As part of its ongoing work on crisis prevention and resolution, the IMF has been discussing how to help countries with unsustainable debt burdens. Emerging markets have benefited in recent years from the availability of wider sources of financing. However, the diverse nature of the creditor community of bond holders can be problematic when debt has become unsustainable and has to be restructured.

The IMF is considering two complementary approaches to creating a more orderly and predictable process for sovereign debt restructuring: (i) a contractual approach, in which debt restructurings would be facilitated by enhanced use of certain contractual provisions in sovereign debt contracts, and (ii) the establishment of a universal statutory framework which would create a legal framework for collective decisions by debtors and a super-majority of its creditors.

In September 2002, the International Monetary and Financial Committee (IMFC), which represents the interests of the IMF's 184 member countries, endorsed the Fund's work on crisis prevention and its efforts to create a framework for an equitable debt restructuring that restores sustainability without including incentives that unintentionally increase the risk of default.

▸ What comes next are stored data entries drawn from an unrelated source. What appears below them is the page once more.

-- ===== src/Buffer/Moves.antt =====
-- How the readers of src/common.cpp move the pointer, and what numbers they give.
use wasm_instrument.Prelude.{
  ℕ, zero, suc, ◌+◌, ◌-◌, ◌^◌, ◌≤◌, ◌<◌, ◌≡◌, refl, sym, List, leb, arith, Bool-cases, inl, inr,
  Bool, true, false,
}
use wasm_instrument.Prelude.Result.{Result, ok, throw, Error, require, >>=-ok}
use wasm_instrument.Leb.{Leb, good, bad, decode_u32leb}
use wasm_instrument.Leb.Values.{decode_u32leb-lt}
use wasm_instrument.Buffer.{
  Buffer, after_leb, read_leb, read_u32leb, first_byte, read_u8, advance, read_u32, decode_u32,
  value, lift,
}
use wasm_instrument.Buffer.Gives.{Gives}

-- The pointer goes on by `least` bytes or more, and the end stays.
pub record Moved (least : ℕ) (b c : Buffer) : Type 0 where
  pub on : b.pos + least ≤ c.pos
  pub same_end : c.limit ≡ b.limit

after_leb-Moved : (b : Buffer) (d : Leb) → Moved 0 b (after_leb b d).1
unfolding after_leb
after_leb-Moved b (good v zero) = record { on = omega arith; same_end = refl }
after_leb-Moved b (good v (suc n)) = record { on = omega arith; same_end = refl }
after_leb-Moved b (bad n) = record { on = omega arith; same_end = refl }

read_leb-Moved :
    (decode : List ℕ → ℕ → Result Leb) (b c : Buffer) (v : ℕ)
    → read_leb decode b ≡ ok (v, c)
    → Moved 0 b c
unfolding read_leb
read_leb-Moved decode b c v e = elim (Bool-cases (leb b.limit b.pos)) [
  | inl out ↦ same (rw out at e)
  | inr inside ↦
      let (d, known, after) =
        >>=-ok (decode b.rest (b.limit - b.pos)) (λ d. ok (after_leb b d)) (rw inside at e) in
      next d after
]
  where
    same : ◌≡◌ {A = Result (ℕ × Buffer)} (ok (0, b)) (ok (v, c)) → Moved 0 b c
    same h = record { on = ground arith; same_end = cc }

    next : (d : Leb) → ok (after_leb b d) ≡ ok (v, c) → Moved 0 b c
    next d h = let there : (after_leb b d).1 ≡ c = cc in rw there at (after_leb-Moved b d)

pub read_u32leb-Moved : (b c : Buffer) (v : ℕ) → read_u32leb b ≡ ok (v, c) → Moved 0 b c
unfolding read_u32leb
read_u32leb-Moved b c v e = read_leb-Moved decode_u32leb b c v e

pub read_u8-Moved : (b c : Buffer) (v : ℕ) → b.pos < b.limit → read_u8 b ≡ ok (v, c) → Moved 1 b c
unfolding read_u8
read_u8-Moved b c v inside e =
    let out : leb b.limit b.pos ≡ false = ground arith in
    let (x, known, after) = >>=-ok (first_byte b.rest) (λ x. ok (x, advance 1 b)) (rw out at e) in
    next x after
  where
    next : (x : ℕ) → ◌≡◌ {A = Result (ℕ × Buffer)} (ok (x, advance 1 b)) (ok (v, c)) → Moved 1 b c
    next x h =
        let there : advance 1 b ≡ c = cc in
        rw (sym there) (record { on = omega arith; same_end = refl })

after_leb-lt :
    (b : Buffer) (bytes : List ℕ) (left : ℕ) (d : Leb)
    → decode_u32leb bytes left ≡ ok d
    → (after_leb b d).0 < 2 ^ 32
unfolding after_leb
after_leb-lt b bytes left (good v zero) e = decode_u32leb-lt bytes left v 0 e
after_leb-lt b bytes left (good v (suc n)) e = decode_u32leb-lt bytes left v (suc n) e
after_leb-lt b bytes left (bad n) e = omega arith

pub read_u32leb-Gives : Gives read_u32leb (λ v. v < 2 ^ 32)
unfolding read_u32leb read_leb
read_u32leb-Gives b c v e = elim (Bool-cases (leb b.limit b.pos)) [
  | inl out ↦ zero_given (rw out at e)
  | inr inside ↦
      let (d, known, after) =
        >>=-ok (decode_u32leb b.rest (b.limit - b.pos)) (λ d. ok (after_leb b d))
          (rw inside at e) in
      next d known after
]
  where
    zero_given : ◌≡◌ {A = Result (ℕ × Buffer)} (ok (0, b)) (ok (v, c)) → v < 2 ^ 32
    zero_given h = ground arith

    next :
        (d : Leb)
        → decode_u32leb b.rest (b.limit - b.pos) ≡ ok d
        → ok (after_leb b d) ≡ ok (v, c)
        → v < 2 ^ 32
    next d known h =
        let there : (after_leb b d).0 ≡ v = cc in
        rw there at (after_leb-lt b b.rest (b.limit - b.pos) d known)

pub read_u32-advance : (b c : Buffer) (v : ℕ) → read_u32 b ≡ ok (v, c) → advance 4 b ≡ c
unfolding read_u32
read_u32-advance b c v e =
    let (d, known, after) = >>=-ok (decode_u32 b.rest 4) (λ d. ok (value d, advance 4 b)) e in
    next d after
  where
    next :
        (d : Leb)
        → ◌≡◌ {A = Result (ℕ × Buffer)} (ok (value d, advance 4 b)) (ok (v, c))
        → advance 4 b ≡ c
    next d h = cc

-- A statement that is passed leaves the pointer.
pub require-passed :
    (e : Error) (t : Bool) (b c : Buffer) (u : Unit {0})
    → lift (require e t) b ≡ ok (u, c)
    → (t ≡ true) × (b ≡ c)
require-passed e true b c u h = (refl, cc)
require-passed e false b c u h = absurd (never h)
  where
    never : ◌≡◌ {A = Result (Unit {0} × Buffer)} (throw e) (ok (u, c)) → ⊥
    never h = cc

The IMFC requested the IMF to develop a concrete SDRM proposal for consideration at the IMFC's next meeting scheduled for April 12, 2003.

The 24-member Executive Board of the IMF, which has day-to-day responsibility for the interests of the Fund's member countries, had held a series of informal discussions in the lead up to the IMFC meeting last September. The Board discussion in December was the first detailed review of issues associated with a possible design of a SDRM. The discussion revolved around a staff paper, "The Design of the Sovereign Debt Restructuring Mechanism - Further Considerations," which provides a comprehensive review of the principal features of a possible statutory approach. The paper was drafted after extensive staff contacts with private market participants, debt-restructuring practitioners and other workout specialists, academics, and members of the official community.

Executive Board Assessment

At the conclusion of the Executive Board's discussion, First Deputy Managing Director Anne Krueger issued the following statement:

"Executive Directors welcomed the opportunity to consider further the possible features of a new Sovereign Debt Restructuring Mechanism. The paper discussed today is an important step in responding to the request by the International Monetary and Financial Committee to develop, for consideration at its meeting in April 2003, a concrete proposal for a statutory sovereign debt restructuring mechanism to be considered by the membership. The design of the mechanism has, so far, benefited considerably from consultation with market participants and members of the judicial and legal professions and of the official community. These outreach efforts will continue, and intensify, as we move forward in search of a consensus on the need for—and the design of—an SDRM. At the same time, however, many Directors stressed that the efforts to achieve a broad support from market participants, which they strongly welcomed, should not dilute the mechanism to a point that it would lose its effectiveness. Other Directors stressed the importance of market and issuer acceptance, as the SDRM aims at fostering an orderly, voluntary debt restructuring by parties to the financial transactions. Given the wide ranging and complex issues involved, the summing up of today's discussion will probably not do full justice to the wealth of views expressed on every single aspect of a possible SDRM, but let me assure Directors that these will be very carefully taken into account in the revised paper that will be prepared based on today's discussion, and that will lay the basis for a report to the IMFC.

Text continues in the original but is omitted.